Wednesday, August 21, 2013

Corn Smut and Truffles: Disease or Delicacy?

Photo taken by AJ Cann, 2/19/2012, Available on Flickr
I recently received some questions from a reader with accompanying pictures of a most disgusting, alien looking gray and black growth on their corn. If any of you have seen this on the ears of corn in your garden, as this picture shows, it can be quite astounding.  When a plant disease is big enough you can hear it mocking you and you think it may be growing eyes it sparks a bit of curiosity and possibly resentment. Would you believe that this alarming growth is also used quite intentionally in cooking and there is a good chance that you have probably eaten some? Why don't we get to that in a minute?

Corn Smut

For must of us trying to grow a few rows of our favorite sweet corn along the sunny garden path, this growth is considered a most undesirable part of our summer gardening experience. As a disease this is called corn smut.  Basically it is a fungal growth caused most commonly by the fungus Ustilago.  

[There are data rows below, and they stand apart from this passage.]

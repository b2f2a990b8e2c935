-- ===== src/Mcp/Manager/Termination.antt =====
-- What `terminate_client` of mcp_server.py leaves of the sessions of a client.
use goffy_os.Prelude.{
  String, ◌≡◌, refl, ap, ◌∙◌, Bool, true, false, Option, none, some, List, [], ◌∷◌, arith, contains,
  nat_eq, string_eq, ◌==◌, ◌||◌, if◌then◌else◌, Bool-cases, Option-cases, inl, inr, nat_beq_iff,
  eq_iff, sym,
}
use goffy_os.Prelude.Dict.{
  get, IsDistinct, get-put, get-remove_all, contains-keys_where, contains-keys_where-absent,
}
use goffy_os.Mcp.Manager.{
  Transport, TransportId, Manager, set_transport, forget_sessions, is_owned_by, sessions_of,
  add_transport, transports_of, terminate_transports, terminate_client,
}

-- Whether a session belongs to a client
abbrev pub is_session_of : String → Manager → String → Bool
is_session_of client_id m id = elim (get m.session_owners id) [
  | none ↦ false
  | some owner ↦ owner.client_id == client_id
]

-- The tables of sessions, which `terminate_transports` leaves alone.
pub record SameTables (m m' : Manager) : Type 0 where
  pub instances : m'.server_instances ≡ m.server_instances
  pub owners : m'.session_owners ≡ m.session_owners
  pub counts : m'.get_request_counts ≡ m.get_request_counts
  pub notified : m'.notified_sessions ≡ m.notified_sessions

pub terminate_transports-SameTables :
    (trs : List TransportId) (m : Manager) → SameTables m (terminate_transports trs m)
unfolding terminate_transports set_transport
terminate_transports-SameTables [] m = record {
  instances = refl;
  owners = refl;
  counts = refl;
  notified = refl;
}
terminate_transports-SameTables (tr ∷ trs) m =
    let same =
      terminate_transports-SameTables trs
        (set_transport tr (λ (t : Transport). record t { is_terminated = true }) m) in
    record {
      instances = same.instances;
      owners = same.owners;
      counts = same.counts;
      notified = same.notified;
    }

-- What the transport is after it was perhaps terminated
unfoldable ended : Bool → Option Transport → Option Transport
ended over none = none
ended over (some t) = some (if over then record t { is_terminated = true } else t)

ended_twice : (a b : Bool) (t : Option Transport) → ended a (ended b t) ≡ ended (b || a) t
unfolding ended
ended_twice a b none = refl
ended_twice a b (some t) = ground arith

get-set_transport :
    (x tr : TransportId) (m : Manager)
    → get (set_transport x (λ t. record t { is_terminated = true }) m).transports tr
      ≡ ended (x == tr) (get m.transports tr)
unfolding set_transport ended
get-set_transport x tr m = elim (Option-cases (get m.transports x)) [
  | inl missing ↦ elim (Bool-cases (x == tr)) [
    | inl same ↦ ground (arith, nat_beq_iff x tr)
    | inr other ↦ ground (arith, get m.transports tr)
  ]
  | inr (t, found) ↦
      let t' : Transport = record t { is_terminated = true } in
      ground (arith, nat_beq_iff x tr, get-put m.transports x tr t')
]

get-terminate_transports :
    (trs : List TransportId) (m : Manager) (tr : TransportId)
    → get (terminate_transports trs m).transports tr ≡ ended (contains trs tr) (get m.transports tr)
unfolding terminate_transports
get-terminate_transports [] m tr = ended_none (get m.transports tr)
  where
    ended_none : (t : Option Transport) → t ≡ ended false t
    ended_none none = unfold ended in refl
    ended_none (some t) = unfold ended in refl
get-terminate_transports (x ∷ trs) m tr =
    get-terminate_transports trs
      (set_transport x (λ (t : Transport). record t { is_terminated = true }) m) tr
    ∙ ap (ended (contains trs tr)) (get-set_transport x tr m)
    ∙ ended_twice (contains trs tr) (x == tr) (get m.transports tr)

contains-transports_of :
    (m : Manager) (ids : List String) (id : String) (tr : TransportId)
    → contains ids id ≡ true
    → get m.server_instances id ≡ some tr
    → contains (transports_of m ids) tr ≡ true
unfolding transports_of add_transport
contains-transports_of m [] id tr h at = cc
contains-transports_of m (x ∷ ids) id tr h at = elim (Bool-cases (x == id)) [
  | inl hit ↦
      let same : x ≡ id = (eq_iff x id).0 hit in
      let first : get m.server_instances x ≡ some tr = ap (get m.server_instances) same ∙ at in
      ap (λ (o : Option TransportId). contains (add_transport o (transports_of m ids)) tr) first
      ∙ ground (arith, nat_beq_iff tr tr)
  | inr miss ↦
      later (get m.server_instances x) (transports_of m ids)
        (contains-transports_of m ids id tr (ground arith) at)
]
  where
    later :
        (o : Option TransportId) (trs : List TransportId)
        → contains trs tr ≡ true
        → contains (add_transport o trs) tr ≡ true
    later none trs known = known
    later (some y) trs known = ground arith

contains-sessions_of :
    (client_id : String) (m : Manager) (id : String)
    → IsDistinct m.session_owners
    → contains (sessions_of client_id m) id ≡ is_session_of client_id m id
unfolding sessions_of
contains-sessions_of client_id m id u = elim (Option-cases (get m.session_owners id)) [
  | inl absent ↦
      contains-keys_where-absent (is_owned_by client_id) m.session_owners id absent
      ∙ sym (rw (is_session_of, absent) refl)
  | inr (owner, found) ↦
      contains-keys_where (is_owned_by client_id) m.session_owners id owner u found
      ∙ sym (rw (is_session_of, found) refl)
]

ended-is_terminated :
    (old : Option Transport) (t : Transport) → ended true old ≡ some t → t.is_terminated ≡ true
unfolding ended
ended-is_terminated none t h = cc
ended-is_terminated (some old) t h = ground arith

-- What the end of a client does to one session.
pub record EndsSessions (client_id : String) (m m' : Manager) (ids : List String) (id : String)
    : Type 0 where
  pub told : contains ids id ≡ is_session_of client_id m id
  pub owner :
      get m'.session_owners id
      ≡ (if is_session_of client_id m id then none else get m.session_owners id)
  pub instance_gone :
      get m'.server_instances id
      ≡ (if is_session_of client_id m id then none else get m.server_instances id)
  pub stream :
      get m'.get_request_counts id
      ≡ (if is_session_of client_id m id then none else get m.get_request_counts id)
  pub notified :
      get m'.notified_sessions id
      ≡ (if is_session_of client_id m id then none else get m.notified_sessions id)
  pub over :
      (tr : TransportId) (t : Transport)
      → is_session_of client_id m id ≡ true
      → get m.server_instances id ≡ some tr
      → get m'.transports tr ≡ some t
      → t.is_terminated ≡ true

-- With one owner for each session, `terminate_client` names exactly the sessions of the client, takes
-- exactly these out of all tables, and terminates their transports; other sessions keep their entries.
pub terminate_client-EndsSessions :
    (client_id : String) (m : Manager) (id : String)
    → IsDistinct m.session_owners
    → let (m', ids) = terminate_client client_id m in EndsSessions client_id m m' ids id
unfolding terminate_client forget_sessions
terminate_client-EndsSessions client_id m id u =
    let ids = sessions_of client_id m in
    let m1 = forget_sessions ids m in
    let trs = transports_of m ids in
    let same = terminate_transports-SameTables trs m1 in
    let of = contains-sessions_of client_id m id u in
    record {
      told = of;
      owner = rw (same.owners, get-remove_all m.session_owners ids id, of) refl;
      instance_gone = rw (same.instances, get-remove_all m.server_instances ids id, of) refl;
      stream = rw (same.counts, get-remove_all m.get_request_counts ids id, of) refl;
      notified = rw (same.notified, get-remove_all m.notified_sessions ids id, of) refl;
      over = λ tr t owned at found.
          let known = contains-transports_of m ids id tr (of ∙ owned) at in
          ended-is_terminated (get m.transports tr) t (
            sym (
              get-terminate_transports trs m1 tr
              ∙ ap (λ (b : Bool). ended b (get m.transports tr)) known)
            ∙ found);
    }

Inside the smooth gray covering lies black spores of Ustilago. According to The Ohio State University these spores overwinter in the soil for up to 2-3 years. When the gray sac or gal ruptures these spores are carried to and fro throughout your garden and soil in any manner of different ways.  Combine this with warm temperatures and moisture in early summer and wa-la: you have corn smut. Growing like yeast, the fungus can be noticeable on your corn within ten days of infection.

SO NOW WHAT?

If you happen to have corn smut on your ears and you don't want to keep it in an effort to really add some pizazz to your fall door-step halloween decorations there are some things you should do.
  • Remove infected plant parts or entire plants immediately. Remember the spores can live for 2-3 years in the soil so getting rid of them means putting the infected plants in garbage bags and throwing them away. Don't compost them.
  • Be careful not to injure plants by cultivating too close to the roots and stocks. These injuries create openings where the fungus enters and then multiplies.
  • Incorporate crop rotation. Don't plant corn in the same location in the garden every year, but switch everything around from year to year. This also helps with many other garden problems and diseases.
  • Probably most important is to plant varieties of corn that are much less susceptible to corn smut.  Disease resistant plants can do the bulk of the work in reducing disease problems and pesticide use in most plants.

Mexican Truffle
Photo taken by Ross Grady 7.29.2011, Available on Flickr

Amazingly and quite interestingly in Mexican cooking this corn "problem" is a real delicacy. In Mexico and Mexican cooking is is called Huitlacoche (pronounced whee-tla-KO-cheh), corn mushroom, or Mexican Truffle.  According to the Tijuana, Mexico, restaurant Aqui es Texcoco, Huitlacoche has a smoky, earthy taste and is used in stews, tamales, quesadillas, soups, salads, and deserts. 

It's good for your health also.  Several journals, including Critical Reviews in Food Science and Nutrition and Food Chemistry have published research articles showing Huitlacoche has high levels of the amino acid Lysine, something corn has little of.  Lysine is an essential building block of proteins and plays a major role in a healthy body, yet the human body cannot produce it. 

And finally for the agricultural economists out there, further studies show Huitlacoche to be much more profitable than the corn it grows on. Millions of dollars have been spent in an effort to reduce corn smut from infecting commercial corn production.  Could you believe that some of the most fresh stages of corn smut being sold is bringing as much as $20 per pound?  

Now you can decide for yourself whether your corn fungus is a disease or a delicacy.  I suppose it depends on what you're in the mood for.